Better way to convert a string field into timestamp in Spark
Spark >= 2.2
Since you 2.2 you can provide format string directly:
import org.apache.spark.sql.functions.to_timestamp
val ts = to_timestamp($"dts", "MM/dd/yyyy HH:mm:ss")
df.withColumn("ts", ts).show(2, false)
// +---+-------------------+-------------------+
// |id |dts |ts |
// +---+-------------------+-------------------+
// |1 |05/26/2016 01:01:01|2016-05-26 01:01:01|
// |2 |#$@#@# |null |
// +---+-------------------+-------------------+
Spark >= 1.6, < 2.2
You can use date processing functions which have been introduced in Spark 1.5. Assuming you have following data:
val df = Seq((1L, "05/26/2016 01:01:01"), (2L, "#$@#@#")).toDF("id", "dts")
You can use unix_timestamp
to parse strings and cast it to timestamp
import org.apache.spark.sql.functions.unix_timestamp
val ts = unix_timestamp($"dts", "MM/dd/yyyy HH:mm:ss").cast("timestamp")
df.withColumn("ts", ts).show(2, false)
// +---+-------------------+---------------------+
// |id |dts |ts |
// +---+-------------------+---------------------+
// |1 |05/26/2016 01:01:01|2016-05-26 01:01:01.0|
// |2 |#$@#@# |null |
// +---+-------------------+---------------------+
As you can see it covers both parsing and error handling.
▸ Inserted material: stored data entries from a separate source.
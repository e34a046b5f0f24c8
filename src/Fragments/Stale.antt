-- ===== src/Fragments/Stale.antt =====
-- A fragment that arrives between two others leaves the `prev` pointer of its successor as it was.
use mysqlpcap.Base.{
  ℕ, ◌≡◌, ◌<◌, true, false, Option, some, List, [], ◌∷◌, Bytes, arith, ltb, ==_refl,
}
use mysqlpcap.Base.Maybe.{◌>>=◌}
use mysqlpcap.Fragments.{empty, enqueue, get_first_fragment, remaining_fragments}

-- The data of the fragments of a packet, in the order in which they are handed on, when four
-- fragments were enqueued.
abbrev pub order : (id a b c d : ℕ) → (wa wb wc wd : Bytes) → Option (Option Bytes × List Bytes)
order id a b c d wa wb wc wd = do
  s ← enqueue empty id a wa
  s ← enqueue s id b wb
  s ← enqueue s id c wc
  s ← enqueue s id d wd
  head ← get_first_fragment s id
  rest ← remaining_fragments s id
  some (head, rest)

-- Where four fragments of one packet with offsets a < c < d < b arrive in the order a, b, c, d, the
-- third and the fourth are handed on in the wrong order: a, d, c, b.
pub enqueue_misorders :
    (id a b c d : ℕ) (wa wb wc wd : Bytes)
    → a < c
    → c < d
    → d < b
    → order id a b c d wa wb wc wd ≡ some (some wa, wd ∷ wc ∷ wb ∷ [])
unfolding enqueue get_first_fragment remaining_fragments
enqueue_misorders id a b c d wa wb wc wd h k l =
    let first : ltb a b ≡ true = ground arith in
    let second : ltb b c ≡ false = ground arith in
    let third : ltb a c ≡ true = ground arith in
    let fourth : ltb b d ≡ false = ground arith in
    let fifth : ltb a d ≡ true = ground arith in ground (arith, ==_refl id)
The format string should be compatible with Java SimpleDateFormat
.
Spark >= 1.5, < 1.6
You'll have to use use something like this:
unix_timestamp($"dts", "MM/dd/yyyy HH:mm:ss").cast("double").cast("timestamp")
or
(unix_timestamp($"dts", "MM/dd/yyyy HH:mm:ss") * 1000).cast("timestamp")
due to SPARK-11724.
Spark < 1.5
you should be able to use these with expr
and HiveContext
.
I haven't played with Spark SQL yet but I think this would be more idiomatic scala (null usage is not considered a good practice):
def getTimestamp(s: String) : Option[Timestamp] = s match {
case "" => None
case _ => {
val format = new SimpleDateFormat("MM/dd/yyyy' 'HH:mm:ss")
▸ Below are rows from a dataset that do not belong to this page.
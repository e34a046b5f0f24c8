-- ===== src/Manager/Text.antt =====
-- `strncasestr` and `could_be_query`.
use mysqlpcap.Base.{
  codes, ℕ, ◌+◌, ◌≤◌, ◌≡◌, ◌↔◌, inl, inr, refl, ap, Bool, true, false, ◌&&◌, ◌||◌, [], ◌∷◌, ◌++◌,
  Bytes, arith, length, take, take-all, take-append, drop, get_or, ltb, leb, ◌==◌, if◌then◌else◌,
  Bool-cases,
}

-- `tolower` in the C locale
unfoldable pub lower : ℕ → ℕ
lower c = if leb b'A' c && leb c b'Z' then c + 32 else c

-- `strncasecmp(haystack, needle, n) == 0`, for a needle of length n without a NUL
unfoldable pub starts_nocase : (needle haystack : Bytes) → Bool
starts_nocase [] h = true
starts_nocase (n ∷ ns) [] = false
starts_nocase (n ∷ ns) (c ∷ h) = lower c == lower n && starts_nocase ns h

-- The loop of `strncasestr`. The source stops when fewer bytes are left than the needle has; a
-- shorter rest never starts with it.
unfoldable pub scan_nocase : (needle haystack : Bytes) → Bool
scan_nocase ns [] = false
scan_nocase ns (c ∷ h) = starts_nocase ns (c ∷ h) || scan_nocase ns h

-- An empty needle is found at once.
unfoldable pub search_nocase : (needle haystack : Bytes) → Bool
search_nocase [] h = true
search_nocase (n ∷ ns) h = scan_nocase (n ∷ ns) h

-- `strncasestr(haystack, needle, len)`, where `len` is the length of the haystack: `strnlen` cuts
-- the needle to that length.
unfoldable pub strncasestr : (haystack needle : Bytes) → Bool
unfolding search_nocase
strncasestr h needle = search_nocase (take (length h) needle) h

unfoldable pub has_query_word : Bytes → Bool
unfolding strncasestr
has_query_word h =
    strncasestr h (codes "select")
    || strncasestr h (codes "update")
    || strncasestr h (codes "delete")
    || strncasestr h (codes "alter")
    || strncasestr h (codes "call")
    || strncasestr h (codes "show")

-- `could_be_query`, of a segment of which all bytes can be read
unfoldable pub could_be_query : Bytes → Bool
unfolding has_query_word
could_be_query bs = ltb 4 (length bs) && get_or bs 4 0 == 0x3 && has_query_word (drop 5 bs)

-- Two texts that differ in the case of letters only.
abbrev pub SameText : Bytes → Bytes → Type 0
SameText [] [] = Unit
SameText (x ∷ xs) (y ∷ ys) = (lower x ≡ lower y) × SameText xs ys
SameText _ _ = ⊥

-- The needle stands somewhere in the haystack, in any case of its letters.
pub record Occurs (needle h : Bytes) : Type 0 where
  pub before : Bytes
  pub found : Bytes
  pub behind : Bytes
  pub splits : h ≡ before ++ (found ++ behind)
  pub same : SameText found needle

starts_nocase-SameText : (ns w rest : Bytes) → SameText w ns → starts_nocase ns (w ++ rest) ≡ true
unfolding starts_nocase
starts_nocase-SameText [] [] rest s = refl
starts_nocase-SameText [] (c ∷ w) rest s = refl
starts_nocase-SameText (n ∷ ns) [] rest s = absurd s
starts_nocase-SameText (n ∷ ns) (c ∷ w) rest s =
    ground (arith, s.0, starts_nocase-SameText ns w rest s.1)

starts_nocase-prefix :
    (ns h : Bytes)
    → starts_nocase ns h ≡ true
    → (w : Bytes) × (rest : Bytes) × (h ≡ w ++ rest) × SameText w ns
unfolding starts_nocase
starts_nocase-prefix [] h e = ([], h, refl, tt)
starts_nocase-prefix (n ∷ ns) [] e = absurd (cc)
starts_nocase-prefix (n ∷ ns) (c ∷ h) e =
    let (w, rest, split, same) = starts_nocase-prefix ns h (ground arith) in
    (c ∷ w, rest, ap (◌∷◌ c) split, (ground arith, same))

scan_nocase-Occurs : (ns h : Bytes) → scan_nocase ns h ≡ true → Occurs ns h
unfolding scan_nocase
scan_nocase-Occurs ns [] e = absurd (cc)
scan_nocase-Occurs ns (c ∷ h) e = elim (Bool-cases (starts_nocase ns (c ∷ h))) [
  | inl here ↦
      let (w, rest, split, same) = starts_nocase-prefix ns (c ∷ h) here in
      record { before = []; found = w; behind = rest; splits = split; same = same }
  | inr later ↦
      let o = scan_nocase-Occurs ns h (ground arith) in
      record {
        before = c ∷ o.before;
        found = o.found;
        behind = o.behind;
        splits = ap (◌∷◌ c) o.splits;
        same = o.same;
      }
]

Occurs-scan_nocase :
    (n : ℕ) (ns before w rest : Bytes)
    → SameText w (n ∷ ns)
    → scan_nocase (n ∷ ns) (before ++ (w ++ rest)) ≡ true
unfolding scan_nocase
Occurs-scan_nocase n ns [] [] rest s = absurd s
Occurs-scan_nocase n ns [] (c ∷ w) rest s = rw (starts_nocase-SameText (n ∷ ns) (c ∷ w) rest s)
Occurs-scan_nocase n ns (b ∷ before) w rest s =
    ground (arith, Occurs-scan_nocase n ns before w rest s)

-- In a text that is at least as long as the needle, `strncasestr` finds the needle exactly if it
-- stands there, in any case of its letters.
pub strncasestr-Occurs :
    (h : Bytes) (n : ℕ) (ns : Bytes)
    → length (n ∷ ns) ≤ length h
    → (strncasestr h (n ∷ ns) ≡ true) ↔ Occurs (n ∷ ns) h
unfolding strncasestr
strncasestr-Occurs h n ns l = rw (take-all (length h) (n ∷ ns) l) (
  scan_nocase-Occurs (n ∷ ns) h,
  λ o. rw o.splits (Occurs-scan_nocase n ns o.before o.found o.behind o.same),
)

-- A text that is shorter than the needle, and is the beginning of it, is found too: `strnlen` cuts
-- the needle.
strncasestr_short : (h rest : Bytes) → strncasestr h (h ++ rest) ≡ true
unfolding strncasestr scan_nocase starts_nocase
strncasestr_short h rest = rw (take-append (length h) h rest refl) (search_self h)
  where
    starts_self : (w : Bytes) → starts_nocase w w ≡ true
    starts_self [] = refl
    starts_self (c ∷ w) = ground (arith, starts_self w)

    search_self : (w : Bytes) → search_nocase w w ≡ true
    search_self [] = refl
    search_self (c ∷ w) = rw (starts_self (c ∷ w))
Try(new Timestamp(format.parse(s).getTime)) match {
case Success(t) => Some(t)
case Failure(_) => None
}
}
}
Please notice I assume you know Row
elements types beforehand (if you read it from a csv file, all them are String
), that's why I use a proper type like String
and not Any
(everything is subtype of Any
).
It also depends on how you want to handle parsing exceptions. In this case, if a parsing exception occurs, a None
is simply returned.
You could use it further on with:
rows.map(row => Row(row(0),row(1),row(2), getTimestamp(row(3))
I have ISO8601 timestamp in my dataset and I needed to convert it to "yyyy-MM-dd" format. This is what I did:
import org.joda.time.{DateTime, DateTimeZone}
object DateUtils extends Serializable {
def dtFromUtcSeconds(seconds: Int): DateTime = new DateTime(seconds * 1000L, DateTimeZone.UTC)
def dtFromIso8601(isoString: String): DateTime = new DateTime(isoString, DateTimeZone.UTC)
}
sqlContext.udf.register("formatTimeStamp", (isoTimestamp : String) => DateUtils.dtFromIso8601(isoTimestamp).toString("yyyy-MM-dd"))
And you can just use the UDF in your spark SQL query.